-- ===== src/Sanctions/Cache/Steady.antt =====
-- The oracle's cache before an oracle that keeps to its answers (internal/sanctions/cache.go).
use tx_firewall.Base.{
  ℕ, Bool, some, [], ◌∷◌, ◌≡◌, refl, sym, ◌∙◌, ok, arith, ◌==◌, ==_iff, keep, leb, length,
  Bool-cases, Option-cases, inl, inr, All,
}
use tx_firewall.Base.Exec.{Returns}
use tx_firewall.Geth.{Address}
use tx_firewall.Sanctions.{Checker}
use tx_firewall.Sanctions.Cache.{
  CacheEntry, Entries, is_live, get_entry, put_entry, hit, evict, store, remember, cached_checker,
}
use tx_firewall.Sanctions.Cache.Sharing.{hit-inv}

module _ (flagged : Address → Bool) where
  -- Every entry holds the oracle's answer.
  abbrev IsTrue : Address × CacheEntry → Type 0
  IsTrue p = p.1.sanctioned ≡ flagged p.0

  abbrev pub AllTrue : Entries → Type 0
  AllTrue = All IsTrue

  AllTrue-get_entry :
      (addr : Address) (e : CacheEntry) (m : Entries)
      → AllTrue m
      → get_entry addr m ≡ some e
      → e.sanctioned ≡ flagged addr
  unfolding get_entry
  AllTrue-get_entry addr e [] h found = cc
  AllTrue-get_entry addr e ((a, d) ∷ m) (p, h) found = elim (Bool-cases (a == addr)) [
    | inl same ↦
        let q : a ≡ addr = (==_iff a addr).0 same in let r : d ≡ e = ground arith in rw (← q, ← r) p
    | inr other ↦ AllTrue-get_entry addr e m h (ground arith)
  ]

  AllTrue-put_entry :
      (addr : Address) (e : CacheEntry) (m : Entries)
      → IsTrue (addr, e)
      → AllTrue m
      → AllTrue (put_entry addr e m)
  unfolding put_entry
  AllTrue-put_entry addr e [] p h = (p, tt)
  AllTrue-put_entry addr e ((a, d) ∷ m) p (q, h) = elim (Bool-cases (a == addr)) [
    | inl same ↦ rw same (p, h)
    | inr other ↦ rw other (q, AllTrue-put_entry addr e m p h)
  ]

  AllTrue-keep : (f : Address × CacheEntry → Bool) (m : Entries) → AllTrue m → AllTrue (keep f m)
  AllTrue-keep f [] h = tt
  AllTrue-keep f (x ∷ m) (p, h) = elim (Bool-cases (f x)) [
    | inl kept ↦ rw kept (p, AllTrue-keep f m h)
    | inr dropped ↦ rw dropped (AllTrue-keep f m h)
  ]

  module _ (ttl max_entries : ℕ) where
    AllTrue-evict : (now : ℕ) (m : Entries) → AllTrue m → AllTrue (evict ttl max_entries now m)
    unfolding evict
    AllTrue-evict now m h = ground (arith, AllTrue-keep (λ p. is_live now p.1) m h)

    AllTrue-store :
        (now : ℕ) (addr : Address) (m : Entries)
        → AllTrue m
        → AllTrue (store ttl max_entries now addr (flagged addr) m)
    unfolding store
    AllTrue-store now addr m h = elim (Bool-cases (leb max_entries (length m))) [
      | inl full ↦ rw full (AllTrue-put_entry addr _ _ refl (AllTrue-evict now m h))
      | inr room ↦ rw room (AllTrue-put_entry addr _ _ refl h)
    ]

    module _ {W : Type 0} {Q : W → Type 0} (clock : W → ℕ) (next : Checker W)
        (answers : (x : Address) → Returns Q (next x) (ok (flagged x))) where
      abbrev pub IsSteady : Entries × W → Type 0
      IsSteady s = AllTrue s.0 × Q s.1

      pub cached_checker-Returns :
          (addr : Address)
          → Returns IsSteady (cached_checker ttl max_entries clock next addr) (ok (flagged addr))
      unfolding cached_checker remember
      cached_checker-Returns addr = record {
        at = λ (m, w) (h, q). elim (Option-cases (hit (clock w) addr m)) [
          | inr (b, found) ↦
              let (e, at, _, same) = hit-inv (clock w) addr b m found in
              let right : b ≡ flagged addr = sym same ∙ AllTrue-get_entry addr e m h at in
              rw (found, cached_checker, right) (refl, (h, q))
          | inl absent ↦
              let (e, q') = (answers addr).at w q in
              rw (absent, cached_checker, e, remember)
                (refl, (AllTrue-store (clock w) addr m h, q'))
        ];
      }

━━━━━━━━━━━━━━━━━━━━

WORK INSTRUCTION:
Isolate the lines above that contain the word "module" and copy them.

SOLVED PROBLEM:
module _ (flagged : Address → Bool) where
  module _ (ttl max_entries : ℕ) where
    module _ {W : Type 0} {Q : W → Type 0} (clock : W → ℕ) (next : Checker W)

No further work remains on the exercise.